11. The Guarantor irrevocably submits to the jurisdiction of any state or federal court sitting in the City and State of New York, over any suit, action, or proceeding arising out of or relating to this Agreement. The Guarantor irrevocably waives, to the fullest extent permitted by law, any objection that it may now or hereafter have to the venue of any such suit, action or proceeding brought in any such court in the City and State of New York, New York and any claim that any such suit, action or proceeding brought in any such court has been brought in an inconvenient forum. The Guarantor hereby waives trial by jury in any action or proceeding relating to this Agreement.

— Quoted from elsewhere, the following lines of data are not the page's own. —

-- ===== src/PamOvirtCred/Authenticate/Access.antt =====
-- Who is let in by pam_sm_authenticate(), as whom, and what a refusal leaves behind.
use ovirt_guest_agent.Prelude.{
  ◌≡◌, refl, sym, ◌∙◌, ap, ◌≢◌, ◌⊎◌, inl, inr, true, false, Option, none, some, ◌∷◌, arith, Bytes,
  str_eq→eq, Bool-cases,
}
use ovirt_guest_agent.PamOvirtCred.CredChannel.{
  Outcome, ok, fault, blocked, ◌>>=◌, Sys, Host, Parsed, parsed, unparsed, Acquired,
  acquire_user_credentials,
}
use ovirt_guest_agent.PamOvirtCred.Authenticate.{
  PamRet, pam_success, pam_user_unknown, pam_user, pam_authtok, Pam, Handle, Done, is_success,
  free_all, drop_all, conflicts, hand_over, check_and_set, after_acquire, retrieve, give_up,
  prompted, pam_sm_authenticate, free_token,
}

-- What a run has gone through when it lets the user in.
pub record Granted (pam : Pam) (sys : Sys) (host : Host) (stack : Bytes) (d : Done) : Type 0 where
  pub token : Bytes
  pub username : Bytes
  pub password : Bytes
  pub acquired : Acquired
  pub prompt_ok : pam.prompt ≡ (pam_success, some token)
  pub acquire_ok : acquire_user_credentials sys host stack token ≡ ok acquired
  pub parse_ok : acquired.result ≡ parsed username password
  pub no_conflict : conflicts pam.get_user username ≡ false
  pub handed_over : d.handle ≡ record { user = some username; authtok = some password }

check_and_set_success :
    (pam : Pam) (h : Handle) (p : Parsed)
    → (check_and_set pam h p).0 ≡ pam_success
    → (username password : Bytes) × (p ≡ parsed username password)
      × (conflicts pam.get_user username ≡ false)
      × ((check_and_set pam h p).1 ≡ record { user = some username; authtok = some password })
unfolding check_and_set hand_over
check_and_set_success pam h unparsed e = cc
check_and_set_success pam h (parsed username password) e =
    (username, password, refl, ground arith, ground arith)

check_and_set_refusal :
    (pam : Pam) (h : Handle) (p : Parsed)
    → (check_and_set pam h p).0 ≢ pam_success
    → ((check_and_set pam h p).1.authtok ≡ h.authtok)
      × (((check_and_set pam h p).1.user ≡ h.user)
          ⊎ ((password : Bytes) × (pam.set_item pam_authtok password ≡ (check_and_set pam h p).0)))
unfolding check_and_set hand_over
check_and_set_refusal pam h unparsed n = (refl, inl refl)
check_and_set_refusal pam h (parsed username password) n =
    elim (Bool-cases (conflicts pam.get_user username)) [
      | inl c ↦ rw c (refl, inl refl)
      | inr c ↦ rw c (elim (Bool-cases (is_success (pam.set_item pam_user username))) [
        | inl u ↦ rw u (ground arith, inr (password, ground arith))
        | inr u ↦ rw u (refl, inl refl)
      ])
    ]

pub >>=-returns {ℓ} :
    {A B : Type ℓ} (first : Outcome A) (then_run : A → Outcome B) (result : B)
    → ok result ≡ (first >>= then_run)
    → (a : A) × (then_run a ≡ ok result) × (ok a ≡ first)
>>=-returns fault then_run result e = cc
>>=-returns blocked then_run result e = cc
>>=-returns (ok a) then_run result e = (a, sym e, refl)

-- A run asks for a token in vain, or takes one to the agent.
record Asked (pam : Pam) (h : Handle) (d : Done) : Type 0 where
  answer : PamRet × Option Bytes
  prompt_eq : pam.prompt ≡ answer
  done_eq : d ≡ record { retval = pam_user_unknown; handle = h; cleanup = free_all answer.1 }

record Tried (pam : Pam) (sys : Sys) (host : Host) (stack : Bytes) (h : Handle) (d : Done)
    : Type 0 where
  token : Bytes
  acquired : Acquired
  prompt_ok : pam.prompt ≡ (pam_success, some token)
  acquire_ok : acquire_user_credentials sys host stack token ≡ ok acquired
  retval_eq : d.retval ≡ (check_and_set pam h acquired.result).0
  handle_eq : d.handle ≡ (check_and_set pam h acquired.result).1
  cleanup_eq : d.cleanup ≡ free_token token ∷ drop_all acquired.result

Asked-refused : (pam : Pam) (h : Handle) (d : Done) → Asked pam h d → d.retval ≢ pam_success
Asked-refused pam h d a = ground arith

pub is_success→eq : (r : PamRet) → is_success r ≡ true → r ≡ pam_success
is_success→eq r h = ground arith

module _ (pam : Pam) (sys : Sys) (host : Host) (stack : Bytes) (h : Handle) (d : Done) where
  pub after_acquire_eq :
      (token : Bytes) (a : Acquired)
      → after_acquire pam h token a ≡ ok d
      → (d.retval ≡ (check_and_set pam h a.result).0)
        × (d.handle ≡ (check_and_set pam h a.result).1)
        × (d.cleanup ≡ free_token token ∷ drop_all a.result)
  unfolding after_acquire
  after_acquire_eq token a e = (ground arith, ground arith, ground arith)

  retrieve_cases :
      (token : Bytes)
      → pam.prompt ≡ (pam_success, some token)
      → retrieve pam sys host stack h token ≡ ok d
      → Tried pam sys host stack h d
  unfolding retrieve
  retrieve_cases token p q =
      let (a, rest, acq) =
        >>=-returns (acquire_user_credentials sys host stack token) (after_acquire pam h token) d
          (sym q) in
      let (r, s, t) = after_acquire_eq token a rest in
      record {
        token = token;
        acquired = a;
        prompt_ok = p;
        acquire_ok = sym acq;
        retval_eq = r;
        handle_eq = s;
        cleanup_eq = t;
      }

  prompted_cases :
      (p : PamRet × Option Bytes)
      → pam.prompt ≡ p
      → prompted pam sys host stack h p ≡ ok d
      → Asked pam h d ⊎ Tried pam sys host stack h d
  unfolding prompted give_up
  prompted_cases (r, none) e q =
      inl (record { answer = (r, none); prompt_eq = e; done_eq = ground arith })
  prompted_cases (r, some token) e q = elim (Bool-cases (is_success r)) [
    | inl s ↦
        inr (retrieve_cases token (e ∙ ap (λ x. (x, some token)) (is_success→eq r s)) (rw s at q))
    | inr s ↦ inl (record { answer = (r, some token); prompt_eq = e; done_eq = ground arith })
  ]

  authenticate_cases :
      pam_sm_authenticate pam sys host stack h ≡ ok d → Asked pam h d ⊎ Tried pam sys host stack h d
  unfolding pam_sm_authenticate
  authenticate_cases q = prompted_cases pam.prompt refl q

  -- A run that ends with PAM_SUCCESS had a prompt that gave a token, an exchange with the agent
  -- that gave both strings, and no preset user that differs; the handle then holds these strings.
  pub authenticate_grants :
      pam_sm_authenticate pam sys host stack h ≡ ok d
      → d.retval ≡ pam_success
      → Granted pam sys host stack d
  authenticate_grants run success = elim (authenticate_cases run) [
    | inl a ↦ absurd (Asked-refused pam h d a success)
    | inr t ↦
        let (u, p, e, c, f) =
          check_and_set_success pam h t.acquired.result (sym t.retval_eq ∙ success) in
        record {
          token = t.token;
          username = u;
          password = p;
          acquired = t.acquired;
          prompt_ok = t.prompt_ok;
          acquire_ok = t.acquire_ok;
          parse_ok = e;
          no_conflict = c;
          handed_over = t.handle_eq ∙ f;
        }
  ]

  -- Where a user is preset, a run that ends with PAM_SUCCESS leaves that user in the handle: nobody
  -- else is let in.
  pub authenticate_preset :
      (preset : Bytes)
      → pam.get_user ≡ (pam_success, some preset)
      → pam_sm_authenticate pam sys host stack h ≡ ok d
      → d.retval ≡ pam_success
      → d.handle.user ≡ some preset
  authenticate_preset preset g run success =
      let w = authenticate_grants run success in
      ground (arith, w.no_conflict, w.handed_over, str_eq→eq w.username preset)

  -- A run that ends with another code than PAM_SUCCESS leaves the password item as it was, and the
  -- user item too unless the code is what the library answered to a password.
  pub authenticate_refusal_keeps :
      pam_sm_authenticate pam sys host stack h ≡ ok d
      → d.retval ≢ pam_success
      → (d.handle.authtok ≡ h.authtok)
        × ((d.handle.user ≡ h.user)
            ⊎ ((password : Bytes) × (pam.set_item pam_authtok password ≡ d.retval)))
  authenticate_refusal_keeps run refusal = elim (authenticate_cases run) [
    | inl a ↦ (ground arith, inl (ground arith))
    | inr t ↦
        let (x, y) =
          check_and_set_refusal pam h t.acquired.result (λ e. refusal (t.retval_eq ∙ e)) in
        (
          ap (λ k. k.authtok) t.handle_eq ∙ x,
          elim y [
            | inl k ↦ inl (ap (λ k. k.user) t.handle_eq ∙ k)
            | inr (q, k) ↦ inr (q, k ∙ sym t.retval_eq)
          ],
        )
  ]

Service of process as to any summons, motions and/or pleadings against the Guarantor may be effectuated against the Guarantor by certified mail, return receipt requested or personal service to the Guarantor at the above address. 12. NEITHER THIS AGREEMENT NOR ANY PROVISION HEREOF MAY BE WAIVED, MODIFIED, AMENDED, DISCHARGED, OR TERMINATED EXCEPT BY AN AGREEMENT IN WRITING SIGNED BY THE PARTY AGAINST WHICH THE ENFORCEMENT OF SUCH WAIVER, MODIFICATION, AMENDMENT, DISCHARGE OR TERMINATION IS SOUGHT AND ONLY TO THE EXTENT SET FORTH IN SUCH AGREEMENT. 13. GUARANTOR HEREBY EXPRESSLY AND UNCONDITIONALLY WAIVES, IN CONNECTION WITH ANY SUIT, ACTION OR PROCEEDING BROUGHT BY OR ON BEHALF OF COMPANY ON THIS GUARANTY, ANY AND EVERY RIGHT GUARANTOR MAY HAVE TO (I) INTERPOSE ANY COUNTERCLAIM THEREIN (OTHER THAN COMPULSORY COUNTERCLAIMS), AND (II) HAVE THE SAME CONSOLIDATED WITH ANY OTHER OR SEPARATE SUIT, ACTION OR PROCEEDING. NOTHING HEREIN CONTAINED SHALL PREVENT OR PROHIBIT THE GUARANTOR FROM INSTITUTING OR MAINTAINING A SEPARATE ACTION AGAINST THE COMPANY WITH RESPECT TO ANY ASSERTED CLAIM.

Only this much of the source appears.